> _WHAT YOU NEED TO DO_: Across the records below, how many lines contain the string "Examples"? Give the number by itself.

> _PROVIDED RECORDS_:
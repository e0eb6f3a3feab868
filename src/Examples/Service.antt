-- ===== src/Examples/Service.antt =====
-- service.py: a verifier's report on the proof of a registered bundle.
use auto_lean.Base.{◌↔◌, ◌≡◌, ◌≢◌, refl, true, none, [], ◌∷◌, String, Result, ok, err}
use auto_lean.Base.Int.{pos}
use auto_lean.Base.Text.{is_sha256, is_nonce}
use auto_lean.Base.Lists.{all}
use auto_lean.Json.{Json, Fields, obj, str, int, arr, field, end, cons, nil}
use auto_lean.Json.Equality.{value_codec}
use auto_lean.Leases.{aware, assert_current, assert_row}
use auto_lean.Artifacts.{
  Files, put_json, put_bytes, path_for_digest, make_artifact_ref, make_directories, publish, verify,
  link_new, read_all, read_chunk, blob_place, shard, assert_no_link,
}
use auto_lean.Artifacts.Refinement.{new_files}
use auto_lean.Events.{EventRow, StoredEvent, Idempotency, check_idempotency, check_nonce, Db}
use auto_lean.Events.Read.{read_stream, rows_to_events, select, order_by, order_row}
use auto_lean.Events.Fenced.{
  append_fenced, replay_or_fenced, validate_fenced_task_binding, assert_current_fence,
}
use auto_lean.Events.Log.History.{Reach, empty_db}
use auto_lean.Service.Payload.{
  required_text, optional_text, required_int, required_object, required_list, required_texts,
  text_items,
}
use auto_lean.Service.Binding.{
  TaskBinding, stored_artifact, all_objects, binding_from_event, first_of_type, get_binding,
  assert_lease,
}
use auto_lean.Service.Verification.{
  VerificationReport, VerifierAttestation, VerificationOutcome, Gateway, unapproved, sorted, join,
  verification_failures, validate_verification_binding, attestation_nonce,
}
use auto_lean.Service.Verdicts.{
  json_object, replayed_event, proof_event, verify_idempotency, check_report, record_verdict,
  put_report, verify_checked, verify_started, start_verification, verify_submission,
}
use auto_lean.Service.Terms.{IsWithin, Binds}
use auto_lean.Service.Stored.{IsStored, IsLive}
use auto_lean.Service.Acceptance.{acceptance_iff_passes_boundary, proof_gets_one_verdict}
use auto_lean.Examples.Events.{env_at, runs}
use auto_lean.Examples.Workers.{lease1, leases1}

abbrev hash : String
hash = "aaaaaaaaaaaaaaaaaaaaaaaaaaaaaaaaaaaaaaaaaaaaaaaaaaaaaaaaaaaaaaaa"

abbrev registered_payload : Fields
registered_payload = field "bundle_id" (str "bundle") (
    field "bundle_hash" (str hash) (
      field "contract_id" (str "contract") (
        field "revision" (int (pos 1)) (
          field "contract_hash" (str hash) (
            field "proof_boundary_hash" (str hash) (
              field "environment_hash" (str hash) (
                field "lean_version" (str "4") (
                  field "mathlib_revision" (str "m") (
                    field "worker_image_digest" (str hash) (
                      field "wrapper_protocol" (str "w") (
                        field "command_policy_hash" (str hash) (
                          field "axiom_profile" (str "explicit_allowlist") (
                            field "axioms_allowlist" (arr (cons (str "propext") nil)) (
                              field "bundle_artifact"
                                (obj (field "digest" (str hash) (field "size" (int (pos 2)) end)))
                                (field "graph_nodes" (arr nil) end)))))))))))))))

abbrev submitted_payload : Fields
submitted_payload =
    field "bundle_id" (str "bundle")
      (field "contract_hash" (str hash) (field "proof_boundary_hash" (str hash) end))

abbrev row_at : Fields → String → String → String → EventRow Json
row_at payload entity_type entity_id event_type = record {
  global_position = 1;
  event_id = entity_type;
  entity_type = entity_type;
  entity_id = entity_id;
  entity_sequence = 1;
  event_type = event_type;
  payload_json = obj payload;
  metadata_json = obj end;
  recorded_at = 1;
}

abbrev submitted_db : Db Json
submitted_db = record empty_db {
  leases = leases1;
  events =
      row_at registered_payload "task" "bundle" "task.registered"
      ∷ row_at submitted_payload "proof" "proof" "proof.submitted"
      ∷ [];
  last_position = 2;
}

abbrev report : VerificationReport
report = record {
  report_id = "report";
  proof_id = "proof";
  contract_hash = hash;
  proof_boundary_hash = hash;
  independent = true;
  kernel_passed = true;
  build_passed = true;
  dependency_check_passed = true;
  clean_environment = true;
  environment_hash = hash;
  axiom_profile = "explicit_allowlist";
  observed_axioms = "propext" ∷ [];
}

abbrev signed : VerifierAttestation
signed = record {
  purpose = "verification";
  key_id = "verifier";
  nonce = "0123456789abcdef0123456789abcdef";
  payload_hash = hash;
  evidence_identity = "evidence";
  expires_at = "later";
}

abbrev gateway : Gateway value_codec
gateway = record {
  report_dump = λ r. str r.report_id;
  request_hash = λ j. hash;
  sha256 = λ bytes. hash;
  encode = λ d. [];
  verify_attestation = λ binding r event lease. ok signed;
}

abbrev run : Result (VerificationOutcome × Db Json) × Files
run =
    verify_submission value_codec gateway (aware 9) (env_at 9 "e3") "bundle" lease1 report "key"
      submitted_db new_files

abbrev no_event : StoredEvent
no_event = record {
  global_position = 0;
  event_id = "";
  entity_type = "";
  entity_id = "";
  entity_sequence = 0;
  event_type = "";
  payload = end;
  metadata = end;
  recorded_at = 0;
}

abbrev outcome_of : Result (VerificationOutcome × Db Json) → VerificationOutcome
outcome_of (ok (outcome, db)) = outcome
outcome_of (err e) = record { accepted = true; reasons = []; event = no_event }

abbrev db_of : Result (VerificationOutcome × Db Json) → Db Json
db_of (ok (outcome, db)) = db
db_of (err e) = submitted_db

-- Names on one line what a run of `verify_submission` computes with.
unfoldable verifies : Unit {0}
unfolding runs verify_submission start_verification verify_started verify_checked put_report
    record_verdict json_object attestation_nonce check_nonce is_nonce is_sha256 all check_report
    get_binding assert_lease proof_event validate_verification_binding verify_idempotency
    check_idempotency replayed_event read_stream rows_to_events select order_by order_row
    first_of_type binding_from_event stored_artifact all_objects required_text optional_text
    required_int required_object required_list required_texts text_items assert_current assert_row
    verification_failures unapproved sorted join append_fenced replay_or_fenced
    validate_fenced_task_binding assert_current_fence put_json put_bytes path_for_digest
    make_artifact_ref make_directories publish verify link_new read_all read_chunk blob_place shard
    assert_no_link
verifies = tt

abbrev verify_key : Idempotency
verify_key = record { scope = "verify_submission"; key = "key"; request_hash = hash }

started :
    start_verification value_codec gateway "bundle" lease1 report "key" submitted_db
    ≡ ok (verify_key, none)
unfolding verifies
started = refl

verified : run ≡ (ok (outcome_of run.0, db_of run.0), run.1)
unfolding verifies
verified = refl

accepted : (outcome_of run.0).accepted ≡ true
unfolding verifies
accepted = refl

acceptance_iff_passes_boundary_example :
    (binding : TaskBinding) × (registered : StoredEvent) × (submitted : StoredEvent) × IsStored
      value_codec "task" "bundle" "task.registered" registered submitted_db
    × (binding_from_event registered ≡ ok binding)
    × IsStored value_codec "proof" "proof" "proof.submitted" submitted submitted_db
    × IsLive (aware 9) "bundle" lease1 submitted_db.leases
    × Binds binding report submitted
    × (((outcome_of run.0).accepted ≡ true) ↔ IsWithin binding report)
acceptance_iff_passes_boundary_example =
    acceptance_iff_passes_boundary value_codec gateway (aware 9) (env_at 9 "e3") "bundle" lease1
      report "key" verify_key submitted_db (db_of run.0) new_files run.1 (outcome_of run.0) started
      verified

abbrev other_key : Idempotency
other_key = record { scope = "verify_submission"; key = "other"; request_hash = hash }

started_again :
    start_verification value_codec gateway "bundle" lease1 report "other" (db_of run.0)
    ≡ ok (other_key, none)
unfolding verifies
started_again = refl

proof_gets_one_verdict_example :
    verify_submission value_codec gateway
      (aware 9)
      (env_at 9 "e4")
      "bundle"
      lease1
      report
      "other"
      (db_of run.0)
      run.1
    ≢ (ok (outcome_of run.0, db_of run.0), run.1)
proof_gets_one_verdict_example =
    proof_gets_one_verdict value_codec gateway (aware 9) (aware 9) (env_at 9 "e3") (env_at 9 "e4")
      "bundle" "bundle" lease1 lease1 report report "key" "other" verify_key other_key submitted_db
      (db_of run.0) (db_of run.0) (db_of run.0) new_files run.1 run.1 run.1 (outcome_of run.0)
      (outcome_of run.0) started verified Reach.here refl started_again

> _EXERCISE ANSWER_: 4